On the other hand, even an organic polymer showing relatively high ultraviolet transmissivity is lowered in transmissivity and deteriorated in mechanical strength by ultraviolet exposure for a long time. Therefore, the ultraviolet detection material of the present embodiment is preferably used in such an aspect that detection of a UV-C region can be performed promptly and conveniently and replacement can be easily performed, not an aspect where it is used in a fixed form for a long time.

A specific use example is that the ultraviolet detection material of the present embodiment is formed into a film shape provided with an adhesive layer, is pasted to a test object or a test place, and is then peeled off after performing detection of UV-C (checking the reach, the presence or absence of occurrence, or the like). Alternatively, the ultraviolet detection material of the present embodiment is applied to a test object or a test place in liquid form or in paste form, and is then wiped off with alcohol or the like after detection of UV-C. In order to implement the latter use method, the used organic polymer is preferably dissolved in alcohol, and polyvinyl alcohol, polyvinyl butyral or the like is desirably used.

Although the preferred embodiment and the like have been described in detail, the present invention is not limited to the above-described embodiment and the like, and a variety of changes and replacements can be made for the above-described embodiment and the like without departing from the scope defined in the claims.

This disclosure further encompasses various exemplary embodiments, for example, described below.

[1] A manufacturing method of an ultraviolet detection material, the manufacturing method comprising:

producing powders of a composite oxide including aluminum, strontium, cerium, lanthanum and manganese;

producing a mixture of powders of the composite oxide and powders of an organic polymer; and

adding a solvent to the mixture and kneading the mixture,

wherein the producing of powders of the composite oxide comprises:

mixing and firing powders of a plurality of types of oxides, each of the oxides including at least one of aluminum, strontium, cerium, lanthanum and manganese, at a temperature of 1200° C. or higher in the atmosphere, thereby producing a sintered body of the composite oxide, and

pulverizing the sintered body to produce powders of the composite oxide, and

wherein the ultraviolet detection material is not excited by an electromagnetic wave having a wavelength longer than 310 nm and is excited by an electromagnetic wave having a wavelength equal to or shorter than 310 nm, thereby emitting light having a peak of an emission wavelength in 480 nm or longer and 700 nm or shorter.

Claims

1. An ultraviolet detection material comprising: a composite oxide including aluminum, strontium, cerium, lanthanum and manganese; andan organic polymer,wherein the ultraviolet detection material is not excited by an electromagnetic wave having a wavelength longer than 310 nm and is excited by an electromagnetic wave having a wavelength equal to or shorter than 310 nm, thereby emitting light having a peak of an emission wavelength in 480 nm or longer and 700 nm or shorter.

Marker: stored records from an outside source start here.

-- ===== src/Wire/Contexts/Reread.antt =====
-- What `IterateCreateContexts` makes of what `EncodeCreateContexts` wrote.
use gosamba.Prelude.{
  ℕ, zero, suc, ◌+◌, ◌*◌, ◌/◌, ◌%◌, ◌^◌, ◌≤◌, ◌<◌, ◌≡◌, refl, ap, sym, ◌∙◌, inl, inr, true, false,
  ltb, leb, List, [], ◌∷◌, ◌++◌, length, drop, All, arith, append_assoc, append-nil, length-append,
  length-drop, take-length_append, drop-length_append, Bool-cases, ◌==◌,
}
use gosamba.Wire.{le16, le32}
use gosamba.Wire.Header.RoundTrip.{le16-value, le32-value}
use gosamba.Wire.Contexts.{
  Context, field, read_context, iterate, iterate_create_contexts, pad8, data_offset, context_body,
  encode_entry, entry_pad, entry_size, encode_create_contexts, uint16_at, uint32_at,
}

-- The numbers of the entry's header hold what they are to say.
pub record Fits (c : Context) : Type 0 where
  pub name_and_padding : data_offset c < 2 ^ 16
  pub data_length : length c.data_ < 2 ^ 32
  pub size : entry_size c < 2 ^ 32

field-here :
    (n : ℕ) (xs ys zs : List ℕ) → length ys ≡ n → field (xs ++ (ys ++ zs)) (length xs) n ≡ ys
unfolding field
field-here zero xs [] zs e = refl
field-here zero xs (y ∷ ys) zs e = absurd (omega arith)
field-here (suc n) xs ys zs e =
    let whole : leb (length xs + suc n) (length (xs ++ (ys ++ zs))) ≡ true =
      ground (arith, length-append xs (ys ++ zs), length-append ys zs) in
    let pos : ltb 0 (suc n) ≡ true = ground arith in
    rw
      (
        pos,
        whole,
        drop-length_append (length xs) xs (ys ++ zs) refl,
        take-length_append (suc n) ys zs e,
      )
      refl

small : {c : Context} → Fits c → length c.name < 2 ^ 16
unfolding data_offset
small f = omega (arith, f.name_and_padding)

heading-length : (c : Context) → 16 + length (c.name ++ pad8 (16 + length c.name)) ≡ data_offset c
unfolding data_offset
heading-length c = omega (arith, length-append c.name (pad8 (16 + length c.name)))

module _ (next : ℕ) (c : Context) (tail : List ℕ) where
  abbrev heading : List ℕ
  heading =
      le32 next
      ++ le16 16
      ++ le16 (length c.name)
      ++ (0 ∷ 0 ∷ le16 (data_offset c))
      ++ le32 (length c.data_)

  abbrev padding : List ℕ
  padding = pad8 (16 + length c.name)

  read_entry : Fits c → read_context (encode_entry next c ++ tail) ≡ c
  unfolding read_context encode_entry context_body
  read_entry f =
      let name_length : length c.name % 256 + 256 * (length c.name / 256 % 256) ≡ length c.name =
        le16-value (length c.name) (small f) in
      let all = encode_entry next c ++ tail in
      let regroup : ((c.name ++ padding) ++ c.data_) ++ tail
          ≡ c.name ++ ((padding ++ c.data_) ++ tail) =
        ap (λ x. x ++ tail) (append_assoc c.name padding c.data_)
        ∙ append_assoc c.name (padding ++ c.data_) tail in
      let regroup_data : ((c.name ++ padding) ++ c.data_) ++ tail
          ≡ (c.name ++ padding) ++ (c.data_ ++ tail) =
        append_assoc (c.name ++ padding) c.data_ tail in
      let name_len : uint16_at all 6 ≡ length c.name = name_length in
      let name_ : field all 16 (length c.name) ≡ c.name =
        ap (λ x. field (heading ++ x) 16 (length c.name)) regroup
        ∙ field-here (length c.name) heading c.name (padding ++ c.data_ ++ tail) refl in
      let data_at : uint16_at all 10 ≡ data_offset c =
        le16-value (data_offset c) f.name_and_padding in
      let data_len : uint32_at all 12 ≡ length c.data_ =
        le32-value (length c.data_) f.data_length in
      let data_here : field all (length (heading ++ c.name ++ padding)) (length c.data_) ≡ c.data_ =
        ap (λ x. field (heading ++ x) (length (heading ++ c.name ++ padding)) (length c.data_))
          regroup_data
        ∙ field-here (length c.data_) (heading ++ c.name ++ padding) c.data_ tail refl in
      let place : length (heading ++ c.name ++ padding) ≡ data_offset c =
        omega (arith, heading-length c) in
      let data_ : field all (data_offset c) (length c.data_) ≡ c.data_ =
        ap (λ n. field all n (length c.data_)) (sym place) ∙ data_here in
      let names : field all (uint16_at all 4) (uint16_at all 6) ≡ c.name =
        (λ t. field all 16 (name_len t)) ∙ name_ in
      let datas : field all (uint16_at all 10) (uint32_at all 12) ≡ c.data_ =
        (λ t. field all (data_at t) (data_len t)) ∙ data_ in
      λ t. record { name = names t; data_ = datas t }

length-encode_entry :
    (next : ℕ) (c : Context) → length (encode_entry next c) ≡ 16 + length (context_body c)
unfolding encode_entry
length-encode_entry next c = omega arith

next-value :
    (next : ℕ) (c : Context) (tail : List ℕ)
    → next < 2 ^ 32
    → uint32_at (encode_entry next c ++ tail) 0 ≡ next
unfolding encode_entry
next-value next c tail h = le32-value next h

after_entry :
    (next : ℕ) (c : Context) (tail : List ℕ)
    → drop (entry_size c) (encode_entry next c ++ entry_pad c ++ tail) ≡ tail
unfolding entry_size
after_entry next c tail =
    drop-length_append (entry_size c) (encode_entry next c ++ entry_pad c) tail
      (omega (arith, length-append (encode_entry next c) (entry_pad c), length-encode_entry next c))

iterate-encode :
    (fuel : ℕ) (cs : List Context)
    → All Fits cs
    → length (encode_create_contexts cs) ≤ fuel
    → iterate fuel (encode_create_contexts cs) ≡ cs
unfolding iterate encode_create_contexts
iterate-encode zero [] f h = refl
iterate-encode (suc fuel) [] f h = refl
iterate-encode zero (c ∷ []) f h = absurd (omega (arith, length-encode_entry 0 c))
iterate-encode (suc fuel) (c ∷ []) f h =
    let b = encode_entry 0 c in
    let long : ltb (length b) 16 ≡ false = ground (arith, length-encode_entry 0 c) in
    let whole : b ++ [] ≡ b = append-nil b in
    let last : uint32_at b 0 ≡ 0 =
      ap (λ x. uint32_at x 0) (sym whole) ∙ next-value 0 c [] (omega arith) in
    let it : read_context b ≡ c = ap read_context (sym whole) ∙ read_entry 0 c [] f.0 in
    rw (long, last, it) refl
iterate-encode zero (c ∷ d ∷ cs) f h = absurd (
    omega (
      arith,
      length-encode_entry (entry_size c) c,
      length-append (encode_entry (entry_size c) c ++ entry_pad c)
          (encode_create_contexts (d ∷ cs)),
      length-append (encode_entry (entry_size c) c) (entry_pad c),
    ))
iterate-encode (suc fuel) (c ∷ d ∷ cs) f h =
    let n = entry_size c in
    let rest = encode_create_contexts (d ∷ cs) in
    let b = encode_entry n c ++ entry_pad c ++ rest in
    let sizes : length b ≡ 16 + length (context_body c) + length (entry_pad c) + length rest =
      omega (
        arith,
        length-encode_entry n c,
        length-append (encode_entry n c ++ entry_pad c) rest,
        length-append (encode_entry n c) (entry_pad c),
      ) in
    let long : ltb (length b) 16 ≡ false = ground (arith, sizes) in
    let group : encode_entry n c ++ (entry_pad c ++ rest) ≡ b =
      sym (append_assoc (encode_entry n c) (entry_pad c) rest) in
    let more : uint32_at b 0 ≡ n =
      ap (λ x. uint32_at x 0) (sym group) ∙ next-value n c (entry_pad c ++ rest) f.0.size in
    let some_more : (n == 0) ≡ false = unfold entry_size in ground arith in
    let it : read_context b ≡ c =
      ap read_context (sym group) ∙ read_entry n c (entry_pad c ++ rest) f.0 in
    rw (long, more, some_more, it, after_entry n c rest)
      (ap (◌∷◌ c) (iterate-encode fuel (d ∷ cs) f.1 (omega (arith, sizes))))

-- Contexts whose lengths and offsets fit their fields are read back, all of them and in order, from
-- what `EncodeCreateContexts` makes of them.
pub encode_create_contexts-RoundTrip :
    (cs : List Context) → All Fits cs → iterate_create_contexts (encode_create_contexts cs) ≡ cs
unfolding iterate_create_contexts
encode_create_contexts-RoundTrip cs f =
    iterate-encode (length (encode_create_contexts cs)) cs f (omega arith)

iterate-short : (n : ℕ) (b : List ℕ) → length b < 16 → iterate n b ≡ []
unfolding iterate
iterate-short zero b h = refl
iterate-short (suc n) b h = ground arith

iterate-same : (n m : ℕ) (b : List ℕ) → length b ≤ n → length b ≤ m → iterate n b ≡ iterate m b
unfolding iterate
iterate-same zero m b h k = sym (iterate-short m b (omega arith))
iterate-same (suc n) zero b h k = iterate-short (suc n) b (omega arith)
iterate-same (suc n) (suc m) b h k = elim (Bool-cases (ltb (length b) 16)) [
  | inl short ↦ rw short refl
  | inr long ↦ elim (Bool-cases (uint32_at b 0 == 0)) [
    | inl last ↦ rw (long, last) refl
    | inr more ↦
        let on = length-drop (uint32_at b 0) b in
        let ahead : 0 < uint32_at b 0 = ground arith in
        let some_ : 16 ≤ length b = ground arith in
        rw (long, more)
          (ap (◌∷◌ (read_context b))
            (iterate-same n m (drop (uint32_at b 0) b) (omega arith) (omega arith)))
  ]
]

-- The walk over a buffer of any content ends: a bound of the buffer's length on the entries, and any
-- larger one, gives the same contexts.
pub iterate-enough : (n : ℕ) (b : List ℕ) → length b ≤ n → iterate n b ≡ iterate_create_contexts b
unfolding iterate_create_contexts
iterate-enough n b h = iterate-same n (length b) b h (omega arith)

2. The ultraviolet detection material according to claim 1, wherein an excitation wavelength peak is 280 nm or shorter.

3. The ultraviolet detection material according to claim 1, wherein the organic polymer has a transmissivity of 50% or more for an electromagnetic wave having a wavelength of 260 nm.

4. The ultraviolet detection material according to claim 1, wherein a content rate of the composite oxide is 50 wt % or more.

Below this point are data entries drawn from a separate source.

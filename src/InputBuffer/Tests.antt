-- ===== src/InputBuffer/Tests.antt =====
-- The input buffer at concrete calls.
use p4simulator.Base.{ℕ, ◌≡◌, refl, none, some, List, [], ◌∷◌}
use p4simulator.InputBuffer.{
  normal, resubmit, recirculate, pushed, dropped, blocked, init, push_front, pop_back, back,
}
use p4simulator.InputBuffer.Runs.{Op, puts, takes, answered, gave, run, run_lanes, run_refines}

abbrev script : List (Op ℕ)
script =
    puts normal 1
    ∷ puts normal 2
    ∷ puts resubmit 3
    ∷ puts recirculate 4
    ∷ takes
    ∷ takes
    ∷ takes
    ∷ takes
    ∷ puts normal 5
    ∷ puts normal 6
    ∷ puts normal 7
    ∷ takes
    ∷ []

run-script :
    run (init 1 2) script
    ≡ answered pushed
      ∷ answered pushed
      ∷ answered pushed
      ∷ answered dropped
      ∷ gave (some 3)
      ∷ gave (some 1)
      ∷ gave (some 2)
      ∷ gave none
      ∷ answered pushed
      ∷ answered pushed
      ∷ answered blocked
      ∷ []
unfolding run init push_front pop_back back
run-script = refl

run_refines_example :
    run (init 1 2) script
    ≡ run_lanes (record { room_hi = 1; room_lo = 2; in_hi = []; in_lo = [] }) script
run_refines_example = run_refines 1 2 script
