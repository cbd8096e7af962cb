-- ===== src/Link/Restore.antt =====
-- model/custom-p2p-net-device.cc, class CustomP2PNetDevice: what a device does to the headers of a
-- packet that it receives.
use p4simulator.Base.{
  ℕ, zero, suc, Bool, true, false, Option, none, some, List, [], ◌∷◌, ◌==◌, ltb, if◌then◌else◌,
}
use p4simulator.CustomHeader.{
  CustomHeader, layer_2, layer_3, layer_4, layer_5, add_before, replace, add_after,
  get_protocol_number,
}
use p4simulator.Link.{HeaderClass, Library, Device, p4_protocol_number}

module _ {Packet H : Type 0} where
  unfoldable pub removed : Packet × ℕ × H → Packet × H × Bool
  removed (p, n, h) = (p, h, true)

  unfoldable pub remove_if : HeaderClass Packet H → Packet → ℕ × H → Packet × H × Bool
  remove_if c p (n, h) = if n == 0 then (p, h, false) else removed (c.remove_header p h)

  -- What the `CheckIf...Header` methods have in common: a header that is there is removed. The Boolean
  -- tells whether it was there.
  unfoldable pub check : HeaderClass Packet H → Packet → H → Packet × H × Bool
  check c p h = remove_if c p (c.peek_header p h)

-- Whether the custom header stands behind the transport header.
unfoldable pub is_after_transport : CustomHeader → Bool
is_after_transport h = elim h.layer [
  | layer_2 ↦ false
  | layer_3 ↦ false
  | layer_4 ↦ elim h.op [ add_before ↦ false | replace ↦ false | add_after ↦ true ]
  | layer_5 ↦ false
]

module _ (L : Library) where
  -- The packet and the headers that `RestoreHeaders` takes off it. What a method returns is kept beside
  -- them: the number of the next protocol, 0 for none.
  pub record Parsed : Type 0 where
    pub packet : L.Packet
    pub eeh_hd : L.EthernetHeader
    pub ip_hd : L.Ipv4Header
    pub arp_hd : L.ArpHeader
    pub udp_hd : L.UdpHeader
    pub tcp_hd : L.TcpHeader

  unfoldable pub check_if_ethernet_header : Parsed → Parsed × ℕ
  check_if_ethernet_header s =
      let (p, h, found) = check L.ethernet s.packet s.eeh_hd in
      (record s { packet = p; eeh_hd = h }, if found then L.get_length_type h else 0)

  unfoldable pub check_if_ipv4_header : Parsed → Parsed × ℕ
  check_if_ipv4_header s =
      let (p, h, found) = check L.ipv4 s.packet s.ip_hd in
      (record s { packet = p; ip_hd = h }, if found then L.get_protocol h else 0)

  unfoldable pub check_if_arp_header : Parsed → Parsed × ℕ
  check_if_arp_header s =
      let (p, h, found) = check L.arp s.packet s.arp_hd in (record s { packet = p; arp_hd = h }, 0)

  unfoldable pub check_if_udp_header : Parsed → Parsed × ℕ
  check_if_udp_header s =
      let (p, h, found) = check L.udp s.packet s.udp_hd in (record s { packet = p; udp_hd = h }, 0)

  unfoldable pub check_if_tcp_header : Parsed → Parsed × ℕ
  check_if_tcp_header s =
      let (p, h, found) = check L.tcp s.packet s.tcp_hd in (record s { packet = p; tcp_hd = h }, 0)

  unfoldable pub check_if_custom_header : Device L → Parsed → Parsed × ℕ
  check_if_custom_header d s =
      let (p, h, found) = check L.custom s.packet d.header in
      (record s { packet = p }, if found then get_protocol_number h else 0)

  unfoldable pub then_custom : CustomHeader → Parsed × ℕ → Parsed × ℕ
  then_custom h (s, protocol) = (s, if is_after_transport h then p4_protocol_number else protocol)

  -- The `switch` of the parsing loop.
  unfoldable pub parse_step : Device L → Parsed → ℕ → Parsed × ℕ
  parse_step d s protocol =
      if protocol == 0x1
      then (s, protocol)
      else if protocol == 0x0800
      then check_if_ipv4_header s
      else if protocol == 0x0806
      then check_if_arp_header s
      else if protocol == 0x86DD
      then (s, 0)
      else if protocol == 0x11
      then then_custom d.header (check_if_udp_header s)
      else if protocol == 0x06
      then then_custom d.header (check_if_tcp_header s)
      else if protocol == p4_protocol_number
      then check_if_custom_header d s
      else (s, 0)

  -- The parsing loop, on fuel: the headers, and the stack of the protocols. A loop that has not ended
  -- when the fuel is used up is `none`.
  unfoldable pub parse : ℕ → Device L → Parsed × ℕ → List ℕ → Option (Parsed × List ℕ)
  parse zero d (s, protocol) stack = if protocol == 0 then some (s, stack) else none
  parse (suc fuel) d (s, protocol) stack =
      let rest : Option (Parsed × List ℕ) =
        parse fuel d (parse_step d s protocol) (protocol ∷ stack) in
      if protocol == 0 then some (s, stack) else rest

  -- The `switch` of the reverse loop.
  unfoldable pub put_back : Parsed → ℕ → Parsed
  put_back s protocol =
      if protocol == p4_protocol_number
      then s
      else if protocol == 0x11
      then record s { packet = L.udp.add_header s.packet s.udp_hd }
      else if protocol == 0x06
      then record s { packet = L.tcp.add_header s.packet s.tcp_hd }
      else if protocol == 0x0800
      then record s { packet = L.ipv4.add_header s.packet s.ip_hd }
      else if protocol == 0x1
      then record s { packet = L.ethernet.add_header s.packet s.eeh_hd }
      else s

  unfoldable pub reverse : Parsed → List ℕ → L.Packet
  reverse s [] = s.packet
  reverse s (protocol ∷ stack) = reverse (put_back s protocol) stack

  -- Without an Ethernet header the custom header is looked for at the front.
  unfoldable pub without_ethernet : Device L → Parsed × ℕ → Parsed × ℕ
  without_ethernet d (s, protocol) =
      if protocol == 0 then check_if_custom_header d s else (s, protocol)

  unfoldable pub new_headers : L.Packet → Parsed
  new_headers p = record {
    packet = p;
    eeh_hd = L.ethernet.new;
    ip_hd = L.ipv4.new;
    arp_hd = L.arp.new;
    udp_hd = L.udp.new;
    tcp_hd = L.tcp.new;
  }

  unfoldable pub reversed : Option (Parsed × List ℕ) → Option L.Packet
  reversed none = none
  reversed (some (s, stack)) = some (reverse s stack)

  unfoldable pub restore_headers : ℕ → Device L → L.Packet → Option L.Packet
  restore_headers fuel d p =
      reversed (parse fuel d (without_ethernet d (check_if_ethernet_header (new_headers p))) [])

  -- The protocol of a restored packet: IPv4, ARP, or the parameter as it was.
  unfoldable pub inner_protocol : L.Packet → ℕ → ℕ
  inner_protocol p param =
      if ltb 0 (L.ipv4.peek_header p L.ipv4.new).0
      then 0x0800
      else if ltb 0 (L.arp.peek_header p L.arp.new).0
      then 0x0806
      else param

  unfoldable pub with_inner : Option L.Packet → ℕ → Option (L.Packet × ℕ)
  with_inner none param = none
  with_inner (some p) param = some (p, inner_protocol p param)

  unfoldable pub without_outer : L.Packet → ℕ × L.EthernetHeader → ℕ → L.Packet × ℕ
  without_outer p (n, eth) param =
      if n == 0 then (p, param) else ((L.ethernet.remove_header p eth).0, L.get_length_type eth)

  -- The packet and the protocol's number. The result of the method is always true.
  unfoldable pub process_header : ℕ → Device L → L.Packet → ℕ → Option (L.Packet × ℕ)
  process_header fuel d p param =
      if d.need_process_header
      then with_inner (restore_headers fuel d p) param
      else some (without_outer p (L.ethernet.peek_header p L.ethernet.new) param)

5. The ultraviolet detection material according to claim 1, wherein the organic polymer is soluble in ethanol.

6. The ultraviolet detection material according to claim 1, wherein the organic polymer is polyvinyl butyral resin or polyacrylate resin.

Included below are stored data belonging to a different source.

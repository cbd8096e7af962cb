-- ===== src/Link/Added.antt =====
-- model/custom-p2p-net-device.cc: headers that were just added are found and taken off again.
use p4simulator.Base.{
  ℕ, zero, suc, ◌^◌, ◌<◌, ◌≡◌, ◌≢◌, refl, ap, ◌∙◌, true, some, List, [], ◌∷◌, arith, ==-false,
}
use p4simulator.CustomHeader.{CustomHeader, get_protocol_number}
use p4simulator.Link.{HeaderClass, Library, Device}
use p4simulator.Link.Restore.{
  Parsed, check, remove_if, removed, check_if_ethernet_header, check_if_ipv4_header,
  check_if_udp_header, check_if_custom_header, parse_step, parse, reversed, without_ethernet,
  new_headers, restore_headers,
}

-- What the packet library promises of a header that was just added: it is read back, into any object of
-- the class as `read` of it, and what it was added to is left.
pub record Readable {Packet Header : Type 0} (c : HeaderClass Packet Header) (h into : Header)
    (read : Header) : Type 0 where
  pub bytes : ℕ
  pub some_bytes : 0 < bytes
  pub peeks : (p : Packet) → c.peek_header (c.add_header p h) into ≡ (bytes, read)
  pub removes : (p : Packet) → c.remove_header (c.add_header p h) into ≡ (p, bytes, read)
  pub removes_again : (p : Packet) → c.remove_header (c.add_header p h) read ≡ (p, bytes, read)

pub check-added :
    {Packet Header : Type 0} (c : HeaderClass Packet Header) (h into read : Header) (p : Packet)
    → Readable c h into read
    → check c (c.add_header p h) into ≡ (p, read, true)
unfolding check remove_if removed
check-added c h into read p r =
    ap (remove_if c (c.add_header p h)) (r.peeks p)
    ∙ rw (==-false r.bytes 0 (λ e. omega (arith, e, r.some_bytes)), r.removes_again p) refl

module _ (L : Library) where
  pub parse-done :
      (n : ℕ) (d : Device L) (s : Parsed L) (stack : List ℕ)
      → parse L n d (s, 0) stack ≡ some (s, stack)
  unfolding parse
  parse-done zero d s stack = refl
  parse-done (suc n) d s stack = refl

  pub parse-next :
      (n : ℕ) (d : Device L) (s : Parsed L) (protocol : ℕ) (stack : List ℕ)
      → protocol ≢ 0
      → parse L (suc n) d (s, protocol) stack
        ≡ parse L n d (parse_step L d s protocol) (protocol ∷ stack)
  unfolding parse
  parse-next n d s protocol stack ne = rw (==-false protocol 0 ne) refl

-- The packet library's promises for the headers that the simulator has.
pub record HeaderLaws (L : Library) : Type 0 where
  pub ethernet_reads : (h : L.EthernetHeader) → Readable L.ethernet h L.ethernet.new h
  pub ipv4_reads : (h : L.Ipv4Header) → Readable L.ipv4 h L.ipv4.new h
  pub udp_reads : (h : L.UdpHeader) → Readable L.udp h L.udp.new h
  pub type_set :
      (h : L.EthernetHeader) (n : ℕ) → n < 2 ^ 16 → L.get_length_type (L.set_length_type h n) ≡ n

module _ (L : Library) (laws : HeaderLaws L) where
  pub ethernet-added :
      (s : Parsed L) (p : L.Packet) (h : L.EthernetHeader)
      → check_if_ethernet_header L
          (record s { packet = L.ethernet.add_header p h; eeh_hd = L.ethernet.new })
        ≡ (record s { packet = p; eeh_hd = h }, L.get_length_type h)
  unfolding check_if_ethernet_header
  ethernet-added s p h =
      rw (check-added L.ethernet h L.ethernet.new h p (laws.ethernet_reads h)) refl

  pub ipv4-added :
      (s : Parsed L) (p : L.Packet) (h : L.Ipv4Header)
      → check_if_ipv4_header L (record s { packet = L.ipv4.add_header p h; ip_hd = L.ipv4.new })
        ≡ (record s { packet = p; ip_hd = h }, L.get_protocol h)
  unfolding check_if_ipv4_header
  ipv4-added s p h = rw (check-added L.ipv4 h L.ipv4.new h p (laws.ipv4_reads h)) refl

  pub udp-added :
      (s : Parsed L) (p : L.Packet) (h : L.UdpHeader)
      → check_if_udp_header L (record s { packet = L.udp.add_header p h; udp_hd = L.udp.new })
        ≡ (record s { packet = p; udp_hd = h }, 0)
  unfolding check_if_udp_header
  udp-added s p h = rw (check-added L.udp h L.udp.new h p (laws.udp_reads h)) refl

  pub custom-added :
      (d : Device L) (s : Parsed L) (p : L.Packet) (h read : CustomHeader)
      → Readable L.custom h d.header read
      → check_if_custom_header L d (record s { packet = L.custom.add_header p h })
        ≡ (record s { packet = p }, get_protocol_number read)
  unfolding check_if_custom_header
  custom-added d s p h read r = rw (check-added L.custom h d.header read p r) refl

  -- What `RestoreHeaders` parses behind an Ethernet header.
  pub behind-ethernet :
      (e : Device L) (n protocol : ℕ) (p : L.Packet) (h : L.EthernetHeader)
      → protocol ≢ 0
      → L.get_length_type h ≡ protocol
      → restore_headers L n e (L.ethernet.add_header p h)
        ≡ reversed L (parse L n e (record (new_headers L p) { eeh_hd = h }, protocol) [])
  unfolding restore_headers new_headers without_ethernet
  behind-ethernet e n protocol p h ne t =
      ap (λ r. reversed L (parse L n e (without_ethernet L e r) []))
        (ethernet-added (new_headers L p) p h
          ∙ ap (λ t. (record (new_headers L p) { eeh_hd = h }, t)) t)
      ∙ rw (==-false protocol 0 ne) refl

7. The ultraviolet detection material according to claim 1, wherein the composite oxide has an average particle size of 100 μm or greater.

8. The ultraviolet detection material according to claim 1, wherein the composite oxide has SrAl12O19 as a main phase and Al2O3 as a sub-phase in a crystal phase.

9. The ultraviolet detection material according to claim 8, wherein cerium, lanthanum and manganese are present in the composite oxide in such a form that they are not detected by an X-ray diffraction.